[Entries shown]
◆ ◆ ◆ ◆

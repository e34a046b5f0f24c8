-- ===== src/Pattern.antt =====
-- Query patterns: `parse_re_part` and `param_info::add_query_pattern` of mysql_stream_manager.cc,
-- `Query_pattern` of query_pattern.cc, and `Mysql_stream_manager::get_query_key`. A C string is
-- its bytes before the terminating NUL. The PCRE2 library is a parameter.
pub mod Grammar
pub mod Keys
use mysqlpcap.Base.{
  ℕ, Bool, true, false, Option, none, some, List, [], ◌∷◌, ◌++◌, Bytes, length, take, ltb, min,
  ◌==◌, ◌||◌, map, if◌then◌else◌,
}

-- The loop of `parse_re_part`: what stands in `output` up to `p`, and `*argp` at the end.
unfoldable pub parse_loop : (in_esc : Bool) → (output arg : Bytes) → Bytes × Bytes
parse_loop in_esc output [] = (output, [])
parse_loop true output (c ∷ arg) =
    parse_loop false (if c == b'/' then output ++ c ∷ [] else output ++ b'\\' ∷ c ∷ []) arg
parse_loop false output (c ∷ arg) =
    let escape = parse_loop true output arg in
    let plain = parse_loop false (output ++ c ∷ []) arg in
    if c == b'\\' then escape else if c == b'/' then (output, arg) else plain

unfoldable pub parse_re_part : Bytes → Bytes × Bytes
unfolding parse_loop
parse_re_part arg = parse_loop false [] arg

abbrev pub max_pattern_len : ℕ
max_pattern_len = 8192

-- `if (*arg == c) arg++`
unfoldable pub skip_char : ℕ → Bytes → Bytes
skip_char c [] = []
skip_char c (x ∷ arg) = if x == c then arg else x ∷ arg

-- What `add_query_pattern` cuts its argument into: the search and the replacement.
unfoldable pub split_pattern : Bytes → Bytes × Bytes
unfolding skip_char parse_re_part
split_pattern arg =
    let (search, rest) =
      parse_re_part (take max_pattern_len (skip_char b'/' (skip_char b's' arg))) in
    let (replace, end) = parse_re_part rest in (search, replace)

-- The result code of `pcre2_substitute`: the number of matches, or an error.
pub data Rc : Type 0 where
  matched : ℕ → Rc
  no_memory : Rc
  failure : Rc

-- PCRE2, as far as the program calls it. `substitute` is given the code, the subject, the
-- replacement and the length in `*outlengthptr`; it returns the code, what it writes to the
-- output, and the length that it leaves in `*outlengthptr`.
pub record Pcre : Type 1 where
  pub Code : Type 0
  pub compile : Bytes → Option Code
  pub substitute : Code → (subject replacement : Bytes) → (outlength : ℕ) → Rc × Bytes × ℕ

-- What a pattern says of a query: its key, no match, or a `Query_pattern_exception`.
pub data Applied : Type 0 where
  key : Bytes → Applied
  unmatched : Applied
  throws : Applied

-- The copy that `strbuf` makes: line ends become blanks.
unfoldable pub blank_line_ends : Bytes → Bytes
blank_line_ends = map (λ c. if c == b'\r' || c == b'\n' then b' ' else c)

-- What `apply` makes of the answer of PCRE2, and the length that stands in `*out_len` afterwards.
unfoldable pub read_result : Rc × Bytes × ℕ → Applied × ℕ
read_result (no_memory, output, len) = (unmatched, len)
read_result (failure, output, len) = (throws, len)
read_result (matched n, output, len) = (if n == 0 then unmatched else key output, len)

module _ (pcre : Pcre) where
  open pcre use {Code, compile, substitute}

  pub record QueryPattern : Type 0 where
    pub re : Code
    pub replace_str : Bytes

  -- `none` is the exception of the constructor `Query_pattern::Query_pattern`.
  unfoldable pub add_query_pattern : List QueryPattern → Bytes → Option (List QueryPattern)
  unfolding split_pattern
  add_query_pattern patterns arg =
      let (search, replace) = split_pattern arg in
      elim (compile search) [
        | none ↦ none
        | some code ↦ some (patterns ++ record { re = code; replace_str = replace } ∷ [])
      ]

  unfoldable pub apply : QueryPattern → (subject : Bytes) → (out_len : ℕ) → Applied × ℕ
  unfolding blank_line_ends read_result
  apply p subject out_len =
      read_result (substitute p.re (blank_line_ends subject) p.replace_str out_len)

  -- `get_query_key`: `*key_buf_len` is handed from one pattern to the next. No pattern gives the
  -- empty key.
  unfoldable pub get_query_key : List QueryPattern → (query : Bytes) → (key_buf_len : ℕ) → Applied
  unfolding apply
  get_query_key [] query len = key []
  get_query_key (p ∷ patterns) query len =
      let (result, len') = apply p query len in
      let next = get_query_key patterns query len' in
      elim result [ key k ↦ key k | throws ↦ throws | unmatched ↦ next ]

◆ ◆ ◆ ◆

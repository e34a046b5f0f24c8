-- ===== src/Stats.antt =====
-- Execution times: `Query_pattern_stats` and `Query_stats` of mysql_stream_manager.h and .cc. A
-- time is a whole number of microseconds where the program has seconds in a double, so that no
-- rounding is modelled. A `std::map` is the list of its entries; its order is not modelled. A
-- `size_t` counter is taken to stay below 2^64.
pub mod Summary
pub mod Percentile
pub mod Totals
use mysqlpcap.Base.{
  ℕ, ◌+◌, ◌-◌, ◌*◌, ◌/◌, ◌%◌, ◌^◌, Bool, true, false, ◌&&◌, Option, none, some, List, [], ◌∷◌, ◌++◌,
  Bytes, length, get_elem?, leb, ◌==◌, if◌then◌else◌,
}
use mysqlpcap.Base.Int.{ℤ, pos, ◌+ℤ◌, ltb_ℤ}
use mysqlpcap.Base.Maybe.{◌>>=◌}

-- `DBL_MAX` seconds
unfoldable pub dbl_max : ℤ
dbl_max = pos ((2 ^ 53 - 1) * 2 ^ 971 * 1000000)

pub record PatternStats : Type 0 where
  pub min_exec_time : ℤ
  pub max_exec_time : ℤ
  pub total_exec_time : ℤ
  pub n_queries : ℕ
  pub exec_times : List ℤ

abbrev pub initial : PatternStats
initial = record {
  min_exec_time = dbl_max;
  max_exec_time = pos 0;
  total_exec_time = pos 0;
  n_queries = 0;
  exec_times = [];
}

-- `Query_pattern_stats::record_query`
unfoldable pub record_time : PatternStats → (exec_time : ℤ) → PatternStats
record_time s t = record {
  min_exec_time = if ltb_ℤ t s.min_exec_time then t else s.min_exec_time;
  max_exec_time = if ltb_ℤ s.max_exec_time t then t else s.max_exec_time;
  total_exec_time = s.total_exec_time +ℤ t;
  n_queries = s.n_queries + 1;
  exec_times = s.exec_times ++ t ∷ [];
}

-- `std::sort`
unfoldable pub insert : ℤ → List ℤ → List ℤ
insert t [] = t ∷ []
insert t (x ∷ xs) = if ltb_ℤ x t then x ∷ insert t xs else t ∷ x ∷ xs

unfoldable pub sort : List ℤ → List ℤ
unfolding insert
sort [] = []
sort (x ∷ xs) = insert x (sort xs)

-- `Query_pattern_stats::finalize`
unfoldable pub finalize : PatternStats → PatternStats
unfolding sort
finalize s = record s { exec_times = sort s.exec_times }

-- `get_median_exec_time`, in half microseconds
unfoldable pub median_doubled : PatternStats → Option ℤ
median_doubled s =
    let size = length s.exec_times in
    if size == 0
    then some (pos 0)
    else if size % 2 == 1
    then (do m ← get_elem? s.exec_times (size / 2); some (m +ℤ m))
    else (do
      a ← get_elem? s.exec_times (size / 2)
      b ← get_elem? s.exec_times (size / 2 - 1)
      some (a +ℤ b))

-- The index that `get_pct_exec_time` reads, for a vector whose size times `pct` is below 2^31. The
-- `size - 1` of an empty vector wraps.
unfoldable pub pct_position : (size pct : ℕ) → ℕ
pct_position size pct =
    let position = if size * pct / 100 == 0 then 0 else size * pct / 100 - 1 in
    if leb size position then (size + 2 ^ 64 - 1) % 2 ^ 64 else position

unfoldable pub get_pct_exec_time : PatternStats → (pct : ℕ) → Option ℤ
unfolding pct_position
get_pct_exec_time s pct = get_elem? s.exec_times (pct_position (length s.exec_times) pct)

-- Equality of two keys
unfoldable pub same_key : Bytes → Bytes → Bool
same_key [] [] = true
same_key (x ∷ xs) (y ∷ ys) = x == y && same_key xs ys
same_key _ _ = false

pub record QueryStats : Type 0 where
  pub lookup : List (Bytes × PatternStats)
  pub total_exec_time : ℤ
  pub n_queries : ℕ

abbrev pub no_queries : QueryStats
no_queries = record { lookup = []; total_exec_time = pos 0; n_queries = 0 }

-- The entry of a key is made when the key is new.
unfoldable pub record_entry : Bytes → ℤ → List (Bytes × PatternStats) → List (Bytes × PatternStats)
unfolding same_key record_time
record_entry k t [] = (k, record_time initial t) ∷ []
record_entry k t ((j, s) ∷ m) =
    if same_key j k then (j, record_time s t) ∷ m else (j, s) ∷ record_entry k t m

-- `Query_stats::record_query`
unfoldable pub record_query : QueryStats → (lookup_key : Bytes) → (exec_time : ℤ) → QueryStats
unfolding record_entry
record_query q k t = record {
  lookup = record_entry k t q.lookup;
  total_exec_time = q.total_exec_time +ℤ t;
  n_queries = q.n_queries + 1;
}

◆ ◆ ◆ ◆

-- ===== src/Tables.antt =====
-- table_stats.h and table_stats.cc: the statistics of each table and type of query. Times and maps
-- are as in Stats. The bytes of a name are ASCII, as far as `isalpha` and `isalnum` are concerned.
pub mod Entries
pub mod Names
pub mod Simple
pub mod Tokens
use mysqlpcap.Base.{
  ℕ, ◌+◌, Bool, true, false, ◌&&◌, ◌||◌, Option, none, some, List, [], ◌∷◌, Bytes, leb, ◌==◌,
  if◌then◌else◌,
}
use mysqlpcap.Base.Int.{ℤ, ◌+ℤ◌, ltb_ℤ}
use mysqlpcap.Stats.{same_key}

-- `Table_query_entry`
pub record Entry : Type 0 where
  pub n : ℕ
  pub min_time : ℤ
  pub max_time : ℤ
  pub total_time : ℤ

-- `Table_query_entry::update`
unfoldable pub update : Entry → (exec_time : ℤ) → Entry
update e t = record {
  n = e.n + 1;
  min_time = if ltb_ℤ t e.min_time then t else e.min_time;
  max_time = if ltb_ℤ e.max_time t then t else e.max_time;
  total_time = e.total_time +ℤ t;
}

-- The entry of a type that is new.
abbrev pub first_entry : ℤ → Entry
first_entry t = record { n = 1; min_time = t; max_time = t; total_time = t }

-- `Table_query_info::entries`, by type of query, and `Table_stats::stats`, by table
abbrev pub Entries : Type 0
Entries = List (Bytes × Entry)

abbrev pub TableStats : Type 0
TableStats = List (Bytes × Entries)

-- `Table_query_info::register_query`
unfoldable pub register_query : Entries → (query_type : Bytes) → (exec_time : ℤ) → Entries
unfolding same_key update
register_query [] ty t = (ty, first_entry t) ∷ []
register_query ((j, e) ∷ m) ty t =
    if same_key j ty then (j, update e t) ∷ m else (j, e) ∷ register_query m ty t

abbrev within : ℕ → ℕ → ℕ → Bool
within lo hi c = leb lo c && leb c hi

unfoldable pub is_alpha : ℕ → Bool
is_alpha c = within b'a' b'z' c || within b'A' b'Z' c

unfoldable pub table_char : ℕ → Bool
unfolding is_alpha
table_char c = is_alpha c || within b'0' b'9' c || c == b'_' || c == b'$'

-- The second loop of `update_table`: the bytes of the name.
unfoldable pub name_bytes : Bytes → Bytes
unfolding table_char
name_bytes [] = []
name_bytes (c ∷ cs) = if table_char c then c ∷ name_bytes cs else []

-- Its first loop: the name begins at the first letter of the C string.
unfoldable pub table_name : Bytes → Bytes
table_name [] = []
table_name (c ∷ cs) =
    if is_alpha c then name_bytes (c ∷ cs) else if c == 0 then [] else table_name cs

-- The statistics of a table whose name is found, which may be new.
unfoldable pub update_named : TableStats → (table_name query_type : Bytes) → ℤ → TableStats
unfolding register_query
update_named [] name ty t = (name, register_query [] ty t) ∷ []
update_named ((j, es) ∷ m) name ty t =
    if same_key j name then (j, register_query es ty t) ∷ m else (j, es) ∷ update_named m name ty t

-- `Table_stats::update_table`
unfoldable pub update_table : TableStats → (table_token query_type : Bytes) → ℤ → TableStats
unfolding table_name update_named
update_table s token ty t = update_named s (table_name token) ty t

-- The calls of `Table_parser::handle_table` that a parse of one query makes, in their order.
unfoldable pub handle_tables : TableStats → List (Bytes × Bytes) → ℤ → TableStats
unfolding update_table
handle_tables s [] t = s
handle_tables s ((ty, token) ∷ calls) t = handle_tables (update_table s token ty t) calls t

◆ ◆ ◆ ◆

Above are some records; copy exactly the lines from the one with "unfoldable pub update_table" through the one with "handle_tables s [] t = s", both included, and no others.

[Result of the exercise]
unfoldable pub update_table : TableStats → (table_token query_type : Bytes) → ℤ → TableStats
unfolding table_name update_named
update_table s token ty t = update_named s (table_name token) ty t

-- The calls of `Table_parser::handle_table` that a parse of one query makes, in their order.
unfoldable pub handle_tables : TableStats → List (Bytes × Bytes) → ℤ → TableStats
unfolding update_table
handle_tables s [] t = s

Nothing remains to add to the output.